I Am More Than My Body: Stepping Out of The “Real World” Illusion
Image by Gerd Altmann

Man’s ordinary state of consciousness, his so-called waking state,
is not the highest level of consciousness of which he is capable.
In fact, this state is so far from real awakening that it could
appropriately be called a form of waking sleep.”

                                      ~ Robert De Ropp in The Master Game

Seeing beyond the illusion of what we call the “real” world is not easy. It hasn’t been for more than a hundred years, a century that featured solid scientific research. It takes work and discipline.

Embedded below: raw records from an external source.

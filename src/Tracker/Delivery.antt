-- ===== src/Tracker/Delivery.antt =====
-- From tracking an object to observing it (tracker/enqueue.go).
use reconciler_runtime.Base.{
  ◌+◌, ◌≡◌, refl, ap, ◌∙◌, Bool, true, false, not, ◌&&◌, ◌||◌, ◌==◌, Option, none, some, List, [],
  ◌∷◌, if◌then◌else◌, arith, Bool-cases, inl, inr, String,
}
use reconciler_runtime.Base.Map.{◌=?◌, lookup, insert, has, lookup-insert}
use reconciler_runtime.Tracker.{
  Time, NamespacedName, ObjectReference, External, ReferenceKey, MatcherKey, Matcher, Matchers,
  Impl, Reference, name_key, reference_key, matcher_key, ok,
}
use reconciler_runtime.Tracker.Methods.{
  after, admits, track_reference, get_observers, field_errors, exact_key, partial_key, observer_key,
  or_empty,
}
use reconciler_runtime.Tracker.Leases.{
  IsKept, exact_lease, inexact_lease, is_live, watches, watches?, lookup?,
}
use reconciler_runtime.Tracker.Invariant.{track_reference-IsKept}
use reconciler_runtime.Tracker.Contract.{
  reference_of, lookup?-or_empty, track_reference-exact_lease, get_observers-leases,
}

or_true : (b : Bool) → (b || true) ≡ true
or_true true = refl
or_true false = refl

module _ (ext : External) (now : Time) where
  -- The key of a lease by selector among those of its observer.
  abbrev pub selector_key : Reference ext.Selector → ext.Selector → MatcherKey
  selector_key ref selector = record {
    selector = ext.selector_text selector;
    namespace = ref.namespace;
  }

  -- `TrackReference` by selector: for a valid reference exactly the observer's lease on the group and
  -- kind is set, for this selector and namespace, to run out after the lease duration; its other
  -- leases stay, no other observer's lease by selector changes, none by name does, and no error is
  -- returned.
  pub track_reference-inexact_lease :
      (ref : Reference ext.Selector) (selector : ext.Selector) (obj : ext.Object)
      (i : Impl ext.Selector) (r : ReferenceKey) (k : NamespacedName)
      → field_errors ext ref ≡ []
      → ref.selector ≡ some selector
      → let (i', error) = track_reference ext now ref obj i in
        (error ≡ none)
        × (i'.exact ≡ i.exact)
        × (inexact_lease i' r k ≡ (
            if partial_key ext ref.api_group ref.kind =? r && observer_key ext obj =? k
            then some (
                insert
                  (selector_key ref selector)
                  (record { selector = selector; expiry = now + i.lease_duration })
                  (or_empty (inexact_lease i r k) []))
            else inexact_lease i r k))
  unfolding track_reference
  track_reference-inexact_lease ref selector obj i r k q p =
      let p_key = partial_key ext ref.api_group ref.kind in
      let key = observer_key ext obj in
      let is = or_empty (lookup p_key i.inexact) [] in
      let m =
        insert (selector_key ref selector)
          (record { selector = selector; expiry = now + i.lease_duration })
          (or_empty (lookup key is) []) in
      rw (q, p, track_reference)
        (
          refl,
          refl,
          rw (lookup-insert p_key r (insert key m is) i.inexact) (elim (Bool-cases (p_key =? r)) [
            | inr other ↦ rw other
            | inl same ↦
                let held : lookup k is ≡ inexact_lease i r k =
                  lookup?-or_empty k (lookup p_key i.inexact)
                  ∙ ap (λ (x : ReferenceKey). lookup? k (lookup x i.inexact))
                      ((reference_key.same_iff p_key r).0 same) in
                rw same (
                  rw (lookup-insert key k m is) (elim (Bool-cases (key =? k)) [
                    | inr another ↦ rw another held
                    | inl this ↦ rw this (
                        ap
                          (λ (o : Option (Matchers ext.Selector)). some (
                            insert (selector_key ref selector)
                              (record { selector = selector; expiry = now + i.lease_duration })
                              (or_empty o [])))
                          (ap (λ (x : NamespacedName). lookup x is)
                              ((name_key.same_iff key k).0 this)
                            ∙ held))
                  ]))
          ]),
        )

module _ (ext : External) (now later : Time) where
  -- After an object is tracked by name, its observer is among those of the object exactly as long as
  -- the lease has not run out, or while it watches the object by a selector too.
  pub get_observers-track_reference :
      (ref : Reference ext.Selector) (obj watched : ext.Object) (i : Impl ext.Selector)
      (or : ObjectReference) (group : String)
      → IsKept i
      → field_errors ext ref ≡ []
      → ref.selector ≡ none
      → ext.get_reference watched ≡ ok or
      → ext.parse_group_version or.api_version ≡ ok group
      → exact_key ext ref ≡ reference_of group or
      → let i' = (track_reference ext now ref obj i).0 in
        let key = observer_key ext obj in
        (keys : List NamespacedName) × ((get_observers ext later watched i').1 ≡ ok keys)
        × (has key keys ≡ (
            not (after later (now + i.lease_duration))
            || watches? ext later
                (ext.get_namespace watched)
                (ext.get_labels watched)
                (inexact_lease i' (partial_key ext group or.kind) key)))
  get_observers-track_reference ref obj watched i or group h q p known parsed same =
      let i' = (track_reference ext now ref obj i).0 in
      let key = observer_key ext obj in
      let r = reference_of group or in
      let (error, others, lease) = track_reference-exact_lease ext now ref obj i r key q p in
      let (keys, observed, has_key, left) =
        get_observers-leases ext later watched i' or group
          (track_reference-IsKept ext now ref obj i h) known parsed in
      let live : exact_lease i' r key ≡ some (now + i.lease_duration) =
        lease
        ∙ rw ((reference_key.same_iff (exact_key ext ref) r).1 same)
            (rw ((name_key.same_iff key key).1 refl) refl) in
      (
        keys,
        observed,
        has_key key
            ∙ ap
                (λ (o : Option Time).
                  is_live later o
                  || watches? ext later (ext.get_namespace watched) (ext.get_labels watched)
                      (inexact_lease i' (partial_key ext group or.kind) key))
                live,
      )

  watches-insert :
      (namespace : String) (ls : ext.Labels) (k : MatcherKey) (m : Matcher ext.Selector)
      (ms : Matchers ext.Selector)
      → (not (after later m.expiry) && admits ext namespace ls k m) ≡ true
      → watches ext later namespace ls (insert k m ms) ≡ true
  watches-insert namespace ls k m [] h = rw h refl
  watches-insert namespace ls k m ((j, n) ∷ ms) h = elim (Bool-cases (j =? k)) [
    | inl same ↦
        let h' : (not (after later m.expiry) && admits ext namespace ls j m) ≡ true =
          ap (λ (x : MatcherKey). not (after later m.expiry) && admits ext namespace ls x m)
            ((matcher_key.same_iff j k).0 same)
          ∙ h in
        rw same (rw h' refl)
    | inr other ↦ rw other (ground (arith, watches-insert namespace ls k m ms h))
  ]

  -- After an object is tracked by a selector, its observer is among those of every object of the group
  -- and kind that has a matching namespace and labels, as long as the lease has not run out.
  pub get_observers_selected :
      (ref : Reference ext.Selector) (selector : ext.Selector) (obj watched : ext.Object)
      (i : Impl ext.Selector) (or : ObjectReference) (group : String)
      → IsKept i
      → field_errors ext ref ≡ []
      → ref.selector ≡ some selector
      → ext.get_reference watched ≡ ok or
      → ext.parse_group_version or.api_version ≡ ok group
      → partial_key ext ref.api_group ref.kind ≡ partial_key ext group or.kind
      → (not (ref.namespace == "") && not (ref.namespace == ext.get_namespace watched)) ≡ false
      → ext.selector_matches selector (ext.get_labels watched) ≡ true
      → after later (now + i.lease_duration) ≡ false
      → let i' = (track_reference ext now ref obj i).0 in
        (keys : List NamespacedName) × ((get_observers ext later watched i').1 ≡ ok keys)
        × (has (observer_key ext obj) keys ≡ true)
  get_observers_selected ref selector obj watched i or group h q p known parsed same near match
        live =
      let i' = (track_reference ext now ref obj i).0 in
      let key = observer_key ext obj in
      let r = partial_key ext group or.kind in
      let (error, others, lease) =
        track_reference-inexact_lease ext now ref selector obj i r key q p in
      let (keys, observed, has_key, left) =
        get_observers-leases ext later watched i' or group
          (track_reference-IsKept ext now ref obj i h) known parsed in
      let watching : watches? ext later (ext.get_namespace watched) (ext.get_labels watched)
            (inexact_lease i' r key)
          ≡ true =
        rw lease (
          rw ((reference_key.same_iff (partial_key ext ref.api_group ref.kind) r).1 same) (
            rw ((name_key.same_iff key key).1 refl) (
              watches-insert (ext.get_namespace watched) (ext.get_labels watched)
                (selector_key ext now ref selector)
                (record { selector = selector; expiry = now + i.lease_duration })
                (or_empty (inexact_lease i r key) []) (rw live (rw near (rw match refl)))))) in
      (keys, observed, has_key key ∙ rw watching (or_true _))
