-- ===== src/Tracker/Reached.antt =====
-- The tracker (tracker/enqueue.go) after any calls, one after the other as its lock has it, and as time
-- goes on.
use reconciler_runtime.Base.{
  ◌+◌, ◌≤◌, ◌≡◌, refl, sym, ap, ◌∙◌, Bool, false, ◌&&◌, ◌||◌, Option, none, some, List, String, [],
  arith, if◌then◌else◌, Bool-cases, Option-cases, inl, inr, is_none,
}
use reconciler_runtime.Base.Lists.{List-cases}
use reconciler_runtime.Base.Map.{◌=?◌, has, lookup, nil-IsMapOf}
use reconciler_runtime.Tracker.{
  Time, NamespacedName, ObjectReference, External, ReferenceKey, Impl, Reference, name_key,
  reference_key, ok, new, Returned-cases,
}
use reconciler_runtime.Tracker.Methods.{
  after, track_reference, get_observers, field_errors, exact_key, partial_key, observer_key,
}
use reconciler_runtime.Tracker.Leases.{
  IsKept, exact_lease, inexact_lease, is_live, unexpired, watches?, lookup?,
}
use reconciler_runtime.Tracker.Invariant.{track_reference-IsKept, get_observers-IsKept}
use reconciler_runtime.Tracker.Contract.{
  reference_of, track_reference-exact_lease, track_reference_invalid, get_observers-leases,
}
use reconciler_runtime.Tracker.Delivery.{track_reference-inexact_lease}

-- The abstract view: when the last lease of an observer on a reference by name runs out, whether it has
-- been dropped since or not.
abbrev pub Promises : Type 0
Promises = ReferenceKey → NamespacedName → Option Time

abbrev pub no_promises : Promises
no_promises r k = none

abbrev pub promise : ReferenceKey → NamespacedName → Time → Promises → Promises
promise ref key expiry p r k = if ref =? r && key =? k then some expiry else p r k

unexpired_again :
    (early now : Time) (o : Option Time)
    → early ≤ now
    → unexpired now (unexpired early o) ≡ unexpired now o
unexpired_again early now none h = refl
unexpired_again early now (some expiry) h = ground arith

is_live-unexpired :
    (now : Time) (o p : Option Time)
    → unexpired now o ≡ unexpired now p
    → is_live now o ≡ is_live now p
is_live-unexpired now o p h = sym (kept o) ∙ ap (λ x. is_live now x) h ∙ kept p
  where
    kept : (o : Option Time) → is_live now (unexpired now o) ≡ is_live now o
    kept none = refl
    kept (some expiry) = ground arith

module _ (ext : External) (lease : Time) where
  -- The states that are reached by a time, with what has been promised: `New`, `TrackReference` by
  -- name, by selector or refused, and `GetObservers`, each at a time no earlier than the one
  -- before.
  pub data Reached : Time → Impl ext.Selector → Promises → Type 0 where
    fresh : Reached 0 (new lease) no_promises
    named :
        {at : Time} {i : Impl ext.Selector} {p : Promises} (now : Time)
        (ref : Reference ext.Selector) (obj : ext.Object)
        → Reached at i p
        → at ≤ now
        → field_errors ext ref ≡ []
        → ref.selector ≡ none
        → Reached now
            (track_reference ext now ref obj i).0
            (promise (exact_key ext ref) (observer_key ext obj) (now + lease) p)
    selected :
        {at : Time} {i : Impl ext.Selector} {p : Promises} (now : Time)
        (ref : Reference ext.Selector) (selector : ext.Selector) (obj : ext.Object)
        → Reached at i p
        → at ≤ now
        → field_errors ext ref ≡ []
        → ref.selector ≡ some selector
        → Reached now (track_reference ext now ref obj i).0 p
    refused :
        {at : Time} {i : Impl ext.Selector} {p : Promises} (now : Time)
        (ref : Reference ext.Selector) (obj : ext.Object)
        → Reached at i p
        → at ≤ now
        → is_none (track_reference ext now ref obj i).1 ≡ false
        → Reached now (track_reference ext now ref obj i).0 p
    observed :
        {at : Time} {i : Impl ext.Selector} {p : Promises} (now : Time) (obj : ext.Object)
        → Reached at i p
        → at ≤ now
        → Reached now (get_observers ext now obj i).0 p

  -- The maps tell of every lease that has not run out what has been promised.
  record Honours (at : Time) (i : Impl ext.Selector) (p : Promises) : Type 0 where
    kept : IsKept i
    duration : i.lease_duration ≡ lease
    honours :
        (now : Time) (r : ReferenceKey) (k : NamespacedName)
        → at ≤ now
        → unexpired now (exact_lease i r k) ≡ unexpired now (p r k)

  track_reference-lease_duration :
      (now : Time) (ref : Reference ext.Selector) (obj : ext.Object) (i : Impl ext.Selector)
      → (track_reference ext now ref obj i).0.lease_duration ≡ i.lease_duration
  unfolding track_reference
  track_reference-lease_duration now ref obj i = elim (List-cases (field_errors ext ref)) [
    | inr (e, es, q) ↦ rw (q, track_reference) refl
    | inl q ↦ elim (Option-cases ref.selector) [
      | inl none_given ↦ rw (q, none_given, track_reference) refl
      | inr (s, given) ↦ rw (q, given, track_reference) refl
    ]
  ]

  get_observers-lease_duration :
      (now : Time) (obj : ext.Object) (i : Impl ext.Selector)
      → (get_observers ext now obj i).0.lease_duration ≡ i.lease_duration
  unfolding get_observers
  get_observers-lease_duration now obj i = elim (Returned-cases (ext.get_reference obj)) [
    | inl (e, q) ↦ rw (q, get_observers) refl
    | inr (or, q) ↦ elim (Returned-cases (ext.parse_group_version or.api_version)) [
      | inl (e, q') ↦ rw (q, q', get_observers) refl
      | inr (group, q') ↦ rw (q, q', get_observers) refl
    ]
  ]

  unexpired-get_observers :
      (at now : Time) (obj : ext.Object) (i : Impl ext.Selector) (p : Promises)
      → at ≤ now
      → Honours at i p
      → (later : Time) (r : ReferenceKey) (k : NamespacedName) → now ≤ later
      → unexpired later (exact_lease (get_observers ext now obj i).0 r k) ≡ unexpired later (p r k)
  unfolding get_observers
  unexpired-get_observers at now obj i p before h later r k after =
      let honoured = h.honours later r k (omega arith) in
      elim (Returned-cases (ext.get_reference obj)) [
        | inl (e, q) ↦ rw (q, get_observers) honoured
        | inr (or, q) ↦ elim (Returned-cases (ext.parse_group_version or.api_version)) [
          | inl (e, q') ↦ rw (q, q', get_observers) honoured
          | inr (group, q') ↦
              let (keys, answer, has_key, left) =
                get_observers-leases ext now obj i or group h.kept q q' in
              ap (λ x. unexpired later x) (left r k)
              ∙ elim (Bool-cases (reference_of group or =? r)) [
                | inl same ↦
                    rw same (unexpired_again now later (exact_lease i r k) after ∙ honoured)
                | inr other ↦ rw other honoured
              ]
        ]
      ]

  Reached-Honours :
      {at : Time} {i : Impl ext.Selector} {p : Promises} → Reached at i p → Honours at i p
  Reached-Honours fresh = record {
    kept = record { exact = nil-IsMapOf _; inexact = nil-IsMapOf _ };
    duration = refl;
    honours = λ now r k h. refl;
  }
  Reached-Honours (named {at} {i} {p} now ref obj before later valid by_name) =
      let h = Reached-Honours before in
      record {
        kept = track_reference-IsKept ext now ref obj i h.kept;
        duration = track_reference-lease_duration now ref obj i ∙ h.duration;
        honours = λ now' r k le.
            ap (λ x. unexpired now' x)
              (track_reference-exact_lease ext now ref obj i r k valid by_name).2
            ∙ elim (Bool-cases (exact_key ext ref =? r && observer_key ext obj =? k)) [
              | inl this ↦ rw this (ap (λ d. unexpired now' (some (now + d))) h.duration)
              | inr other ↦ rw other (h.honours now' r k (omega arith))
            ];
      }
  Reached-Honours (selected {at} {i} {p} now ref selector obj before later valid by_selector) =
      let h = Reached-Honours before in
      record {
        kept = track_reference-IsKept ext now ref obj i h.kept;
        duration = track_reference-lease_duration now ref obj i ∙ h.duration;
        honours = λ now' r k le.
            ap (λ x. unexpired now' (lookup? k (lookup r x)))
              (track_reference-inexact_lease ext now ref selector obj i r k valid by_selector).1
            ∙ h.honours now' r k (omega arith);
      }
  Reached-Honours (refused {at} {i} {p} now ref obj before later invalid) =
      let h = Reached-Honours before in
      record {
        kept = track_reference-IsKept ext now ref obj i h.kept;
        duration = track_reference-lease_duration now ref obj i ∙ h.duration;
        honours = λ now' r k le.
            ap (λ x. unexpired now' (exact_lease x r k))
              (track_reference_invalid ext now ref obj i invalid)
            ∙ h.honours now' r k (omega arith);
      }
  Reached-Honours (observed {at} {i} {p} now obj before later) =
      let h = Reached-Honours before in
      record {
        kept = get_observers-IsKept ext now obj i h.kept;
        duration = get_observers-lease_duration now obj i ∙ h.duration;
        honours = unexpired-get_observers at now obj i p later h;
      }

  -- In every state that is reached from `New` by calls of `TrackReference` and `GetObservers` at times
  -- that do not go back, `GetObservers` of an object with a known reference returns exactly the
  -- observers whose last lease on it by name has not run out, whatever earlier calls have dropped, and
  -- those with a matching lease by selector in the maps that has not run out.
  pub Reached-get_observers :
      {at : Time} {i : Impl ext.Selector} {p : Promises} (now : Time) (obj : ext.Object)
      (or : ObjectReference) (group : String)
      → Reached at i p
      → at ≤ now
      → ext.get_reference obj ≡ ok or
      → ext.parse_group_version or.api_version ≡ ok group
      → (keys : List NamespacedName) × ((get_observers ext now obj i).1 ≡ ok keys)
        × ((k : NamespacedName)
            → has k keys ≡ (
                is_live now (p (reference_of group or) k)
                || watches? ext now
                    (ext.get_namespace obj)
                    (ext.get_labels obj)
                    (inexact_lease i (partial_key ext group or.kind) k)))
  Reached-get_observers {at} {i} {p} now obj or group reached later known parsed =
      let h = Reached-Honours reached in
      let ref = reference_of group or in
      let (keys, answer, has_key, left) =
        get_observers-leases ext now obj i or group h.kept known parsed in
      (
        keys,
        answer,
        λ k.
            has_key k
            ∙ ap
                (λ (b : Bool).
                  b
                  || watches? ext now (ext.get_namespace obj) (ext.get_labels obj)
                      (inexact_lease i (partial_key ext group or.kind) k))
                (is_live-unexpired now (exact_lease i ref k) (p ref k) (h.honours now ref k later)),
      )
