-- ===== src/Tracker/Tests.antt =====
-- Witnesses on the tracker (tracker/enqueue.go), with objects that are names with one label.
use reconciler_runtime.Base.{
  ◌≡◌, refl, String, ◌==◌, ◌||◌, arith, none, some, List, [], ◌∷◌, if◌then◌else◌,
}
use reconciler_runtime.Base.Map.{insert, has, ◌=?◌, nil-IsMapOf}
use reconciler_runtime.Tracker.{
  matcher_key, NamespacedName, ObjectReference, External, ok, Reference, ReferenceKey, Impl, new,
  name_key, reference_key,
}
use reconciler_runtime.Tracker.Methods.{
  field_errors, track_reference, get_observers, exact_key, partial_key,
}
use reconciler_runtime.Tracker.Leases.{
  IsKept, exact_lease, inexact_lease, is_live, unexpired, watches?,
}
use reconciler_runtime.Tracker.Invariant.{track_reference-IsKept}
use reconciler_runtime.Tracker.Contract.{
  track_reference-exact_lease, get_observers-leases, reference_of,
}
use reconciler_runtime.Tracker.Reached.{
  Promises, no_promises, promise, Reached, fresh, named, Reached-get_observers,
}
use reconciler_runtime.Tracker.Delivery.{selector_key, track_reference-inexact_lease}

record Thing : Type 0 where
  name : String
  label : String

abbrev non_empty : String → List String
non_empty s = if s == "" then "must not be empty" ∷ [] else []

abbrev config_map : Thing → ObjectReference
config_map t = record { api_version = "v1"; kind = "ConfigMap"; namespace = "apps"; name = t.name }

abbrev things : External
things = record {
  Object = Thing;
  Labels = String;
  Selector = String;
  get_namespace = λ t. "apps";
  get_name = λ t. t.name;
  get_labels = λ t. t.label;
  get_reference = λ t. ok (config_map t);
  group_of = λ v. "";
  parse_group_version = λ v. ok "";
  is_c_identifier = non_empty;
  is_dns1123_subdomain = non_empty;
  is_dns1123_label = non_empty;
  selector_text = λ s. s;
  selector_matches = λ s l. s == l;
}

abbrev settings : Reference String
settings = record {
  api_group = "";
  kind = "ConfigMap";
  namespace = "apps";
  name = "settings";
  selector = none;
}

abbrev kindless : Reference String
kindless = record {
  api_group = "";
  kind = "";
  namespace = "apps";
  name = "settings";
  selector = none;
}

abbrev observer : Thing
observer = record { name = "web"; label = "tier-web" }

abbrev observed : Thing
observed = record { name = "settings"; label = "tier-config" }

abbrev web : NamespacedName
web = record { namespace = "apps"; name = "web" }

abbrev empty : Impl String
empty = new 20

empty-IsKept : IsKept empty
empty-IsKept = record { exact = nil-IsMapOf _; inexact = nil-IsMapOf _ }

abbrev tracking : Impl String
tracking = (track_reference things 100 settings observer empty).0

tracking-IsKept : IsKept tracking
tracking-IsKept = track_reference-IsKept things 100 settings observer empty empty-IsKept

-- The observer tracks the object, which is observed after its lease has run out and dropped, and tracks
-- it again.
abbrev once_more : Impl String
once_more =
    (track_reference things 130 settings observer (get_observers things 125 observed tracking).0).0

abbrev promised : Promises
promised =
    promise (exact_key things settings) web 150
      (promise (exact_key things settings) web 120 no_promises)

once_more-Reached : Reached things 20 130 once_more promised
unfolding field_errors
once_more-Reached =
    named 130 settings observer
      (Reached.observed 125 observed (named 100 settings observer fresh (omega arith) refl refl)
        (omega arith))
      (omega arith) refl refl

Reached-get_observers_example :
    (keys : List NamespacedName) × ((get_observers things 140 observed once_more).1 ≡ ok keys)
    × ((k : NamespacedName)
        → has k keys ≡ (
            is_live 140 (promised (reference_of "" (config_map observed)) k)
            || watches? things 140 "apps" "tier-config"
                (inexact_lease once_more (partial_key things "" "ConfigMap") k)))
Reached-get_observers_example =
    Reached-get_observers things 20 140 observed (config_map observed) "" once_more-Reached
      (omega arith) refl refl

track_reference-exact_lease_example :
    ((track_reference things 100 settings observer empty).1 ≡ none)
    × (tracking.inexact ≡ [])
    × (exact_lease tracking (exact_key things settings) web ≡ some 120)
unfolding field_errors
track_reference-exact_lease_example =
    track_reference-exact_lease things 100 settings observer empty (exact_key things settings) web
      refl refl

get_observers-leases_example :
    (keys : List NamespacedName) × ((get_observers things 110 observed tracking).1 ≡ ok keys)
    × ((k : NamespacedName)
        → has k keys ≡ (
            is_live 110 (exact_lease tracking (reference_of "" (config_map observed)) k)
            || watches? things 110 "apps" "tier-config"
                (inexact_lease tracking (partial_key things "" "ConfigMap") k)))
    × ((r : ReferenceKey) (k : NamespacedName)
        → exact_lease (get_observers things 110 observed tracking).0 r k ≡ (
            if reference_of "" (config_map observed) =? r
            then unexpired 110 (exact_lease tracking r k)
            else exact_lease tracking r k))
get_observers-leases_example =
    get_observers-leases things 110 observed tracking (config_map observed) "" tracking-IsKept refl
      refl

-- Every object with the label `tier-config`, in any namespace.
abbrev selected : Reference String
selected = record {
  api_group = "";
  kind = "ConfigMap";
  namespace = "";
  name = "";
  selector = some "tier-config";
}

track_reference-inexact_lease_example :
    ((track_reference things 100 selected observer empty).1 ≡ none)
    × ((track_reference things 100 selected observer empty).0.exact ≡ [])
    × (inexact_lease
          (track_reference things 100 selected observer empty).0
          (partial_key things "" "ConfigMap")
          web
        ≡ some (
            insert
              (selector_key things 100 selected "tier-config")
              (record { selector = "tier-config"; expiry = 120 })
              []))
unfolding field_errors
track_reference-inexact_lease_example =
    track_reference-inexact_lease things 100 selected "tier-config" observer empty
      (partial_key things "" "ConfigMap") web refl refl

Pinch yourself, for instance, and your body seems solid. Your senses insist this is the case. It seems to be an essential, irrevocable truth. But the plain facts of science, regardless of what normally seems so patently obvious, prove that your senses are deceiving you.

You are not solid. You are a churning, seething, bundle of energy. Subatomic particles within your body and your surroundings are zooming in and out of material existence, some surviving for only a matter of seconds or less before disappearing and being replaced. Cells are forming, reproducing and sloughing off your skin. Internal organs are performing their functions without your knowledge or overt consent.

Despite your feelings of permanence, you are on a journey that eventually leads to old age and death. That’s called life, and there is simply no denying it.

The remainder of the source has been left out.